The New Hampshire Legislature has taken too much power away from the courts with its medical screening panel law, said David Slawsky, the plaintiff’s attorney. He disagrees with the way in which the panel’s findings are revealed to juries. Juries cannot ask questions of the experts or be informed of how the panel process works, he said.
“The Legislature has a great degree of authority, but when the Legislature goes so far as to create a process and then tell the trial judge that regardless of what you think is fair, you can only tell the jury these things and the jury can know nothing more, that’s clearly exceeding its authority,” he said. “The Legislature can’t tie the judges’ hands that way.”
New Hampshire’s panels were enacted in 2005, but because of legal challenges, they did not begin until 2007. The panels offer an effective alternative to full trials, and help facilitate prompt and fair conclusions to medical liability cases, said Scott Colby, executive vice president of the New Hampshire Medical Society. A state oversight committee is reviewing the panels’ effectiveness and should release its findings by 2014.
At least 16 states have medical screening panels. A 2008 study by Pinnacle Actuarial Resources, an actuarial and consulting firm, found that these panels were a promising alternative for states that cannot achieve more effective, traditional liability reforms such as noneconomic damage caps. The study, conducted by Pinnacle for the American Medical Association, found that states with screening panels had lower medical liability insurance rates — 20% below the national average — and lower claims costs than states without such laws. States with stronger panel laws also showed a higher percentage of cases that closed without any payout and had quicker settlement times.
Maine can attest to improvements to its medical liability climate since enacting its panel in the 1980s, MacLean said. A 2005 report by the Maine Bureau of Insurance found that Maine’s premium rates were generally less than half the national average and among the 10 lowest states in the nation.
“Over the years, both plaintiff and defense lawyers have reached a comfort level with the panels and understand that the panel systems are the way most medical malpractice cases are going to be resolved and with good results,” MacLean said.
In the New Hampshire case, the Litigation Center for the American Medical Association and the State Medical Societies, along with medical societies in Maine, New Hampshire and Vermont, have filed a friend-of-the-court brief.
If the court rules for the plaintiff, the decision may have a negative impact on the medical liability system in New Hampshire, Colby said.

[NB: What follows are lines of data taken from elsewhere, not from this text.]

-- ===== src/Strategies/Interaction/Named.antt =====
-- strategy_interaction.py: the text that a command's pattern matches is not empty.
use china_a_share.Prelude.{
  ℕ, ◌≡◌, refl, ap, ◌∙◌, inl, inr, Bool, true, false, not, ◌&&◌, ◌||◌, Option, none, some, Text,
  text, text_beq, [], ◌∷◌, ◌++◌, is_nil, any, nat_beq, arith, if◌then◌else◌, Bool-cases,
}
use china_a_share.Prelude.Texts.{strip, drop_while, is_space}
use china_a_share.Strategies.Interaction.Dispatch.{
  Command, menu_command, create_command, list_command, run_command, delete_command, trial_command,
  cancel_command, name_command, rules_command, unknown, starts_with_space, group_of, argument_from,
  argument_of, after_prefix, optional_argument, or_command, read_command,
}
use mathlib.Core.List.{reverse, reverse-cons}

any_append : (p : ℕ → Bool) (s t : Text) → any p (s ++ t) ≡ (any p s || any p t)
unfolding any
any_append p [] t = refl
any_append p (c ∷ s) t = ground (arith, any_append p s t)

any-reverse : (p : ℕ → Bool) (s : Text) → any p (reverse s) ≡ any p s
unfolding any
any-reverse p [] = refl
any-reverse p (c ∷ s) =
    let rest = any-reverse p s in
    let parts = ap (any p) (reverse-cons c s) ∙ any_append p (reverse s) (c ∷ []) in ground arith

-- A character that the test refuses stops the dropping.
drop_while-stops :
    (p : ℕ → Bool) (s : Text)
    → any (λ c. not (p c)) s ≡ true
    → any (λ c. not (p c)) (drop_while p s) ≡ true
unfolding any drop_while
drop_while-stops p [] h = h
drop_while-stops p (c ∷ s) h = ground (arith, drop_while-stops p s)

drop_while-first :
    (p : ℕ → Bool) (s : Text) → is_nil (drop_while p s) ≡ false → any (λ c. not (p c)) s ≡ true
unfolding any drop_while
drop_while-first p [] h = absurd (cc)
drop_while-first p (c ∷ s) h = ground (arith, drop_while-first p s)

any-some : (p : ℕ → Bool) (s : Text) → any p s ≡ true → is_nil s ≡ false
unfolding any
any-some p [] h = absurd (cc)
any-some p (c ∷ s) h = refl

strip-some : (s : Text) → any (λ c. not (is_space c)) s ≡ true → is_nil (strip s) ≡ false
unfolding strip
strip-some s h =
    let left = drop_while-stops is_space s h in
    let turned = any-reverse (λ c. not (is_space c)) (drop_while is_space s) ∙ left in
    let right = drop_while-stops is_space (reverse (drop_while is_space s)) turned in
    any-some (λ c. not (is_space c)) _ (any-reverse (λ c. not (is_space c)) _ ∙ right)

group_of-some : (s n : Text) → group_of s ≡ some n → is_nil n ≡ false
unfolding group_of
group_of-some s n h =
    elim (Bool-cases (
      starts_with_space s
      && not (is_nil (drop_while is_space s))
      && not (any (nat_beq 10) (drop_while is_space s)))) [
        | inr e ↦ absurd (let h' = rw e at h in cc)
        | inl e ↦
            let h' = rw e at h in
            let first = drop_while-first is_space s (ground arith) in
            let whole = strip-some (drop_while is_space s) (drop_while-stops is_space s first) in cc
      ]

argument_from-some : (v : Option Text) (n : Text) → argument_from v ≡ some n → is_nil n ≡ false
argument_from-some none n h = absurd (cc)
argument_from-some (some rest) n h = group_of-some rest n h

argument_of-some : (name s n : Text) → argument_of name s ≡ some n → is_nil n ≡ false
unfolding argument_of
argument_of-some name s n h = argument_from-some (after_prefix name s) n h

-- The command that sets a name has one.
abbrev pub has_name : Command → Bool
has_name (name_command name) = not (is_nil name)
has_name menu_command = true
has_name list_command = true
has_name run_command = true
has_name cancel_command = true
has_name unknown = true
has_name (create_command name) = true
has_name (delete_command target) = true
has_name (trial_command body) = true
has_name (rules_command spec) = true

pub record IsNamed (c : Command) : Type 0 where
  pub holds : has_name c ≡ true

or_command-IsNamed :
    {v : Option Text} {make : Text → Command} {rest : Command}
    → ((n : Text) → v ≡ some n → IsNamed (make n))
    → IsNamed rest
    → IsNamed (or_command v make rest)
or_command-IsNamed {v = none} h k = k
or_command-IsNamed {v = some n} h k = h n refl

if-IsNamed : (t : Bool) (c d : Command) → IsNamed c → IsNamed d → IsNamed (if t then c else d)
if-IsNamed true c d h k = h
if-IsNamed false c d h k = k

other : {c : Command} → has_name c ≡ true → IsNamed c
other h = record { holds = h }

pub read_command-IsNamed : (s : Text) → IsNamed (read_command s)
unfolding read_command
read_command-IsNamed s =
    if-IsNamed (text_beq s (text "策略菜单") || text_beq s (text "策略")) menu_command _ (other refl) (
      or_command-IsNamed {v = optional_argument (text "新建策略") s} (λ n h. other refl)
        (if-IsNamed (text_beq s (text "策略列表")) list_command _ (other refl) (
          if-IsNamed (text_beq s (text "运行规则")) run_command _ (other refl) (
            or_command-IsNamed {v = argument_of (text "删除规则") s} (λ n h. other refl)
              (or_command-IsNamed {v = optional_argument (text "试算规则") s} (λ n h. other refl)
                (if-IsNamed (text_beq s (text "取消草稿")) cancel_command _ (other refl) (
                  or_command-IsNamed {v = argument_of (text "策略名称") s}
                    (λ n h. other (ap not (argument_of-some (text "策略名称") s n h)))
                    (or_command-IsNamed {v = argument_of (text "规则") s} (λ n h. other refl)
                      (other refl)))))))))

Medical societies in other states, such as Vermont, worry that a ruling against the New Hampshire law could restrict other jurisdictions from implementing similar panels, said Paul Harrington, executive vice president of the Vermont Medical Society. The medical society has pushed legislators to enact screening panels, but it has been unsuccessful.
“The New Hampshire law is a good law, and we would like to have it here in Vermont,” Harrington said. “If the New Hampshire law is overturned, it would make our efforts even more difficult and decrease our ability to enact a similar law.”
But if the court upholds the law, the opinion would strengthen medical screening panels nationwide, MacLean said.
“It would be a strong signal to patients, doctors and lawyers on both sides that the panel system is likely to remain a permanent part of the system of resolving medical malpractice claims,” he said.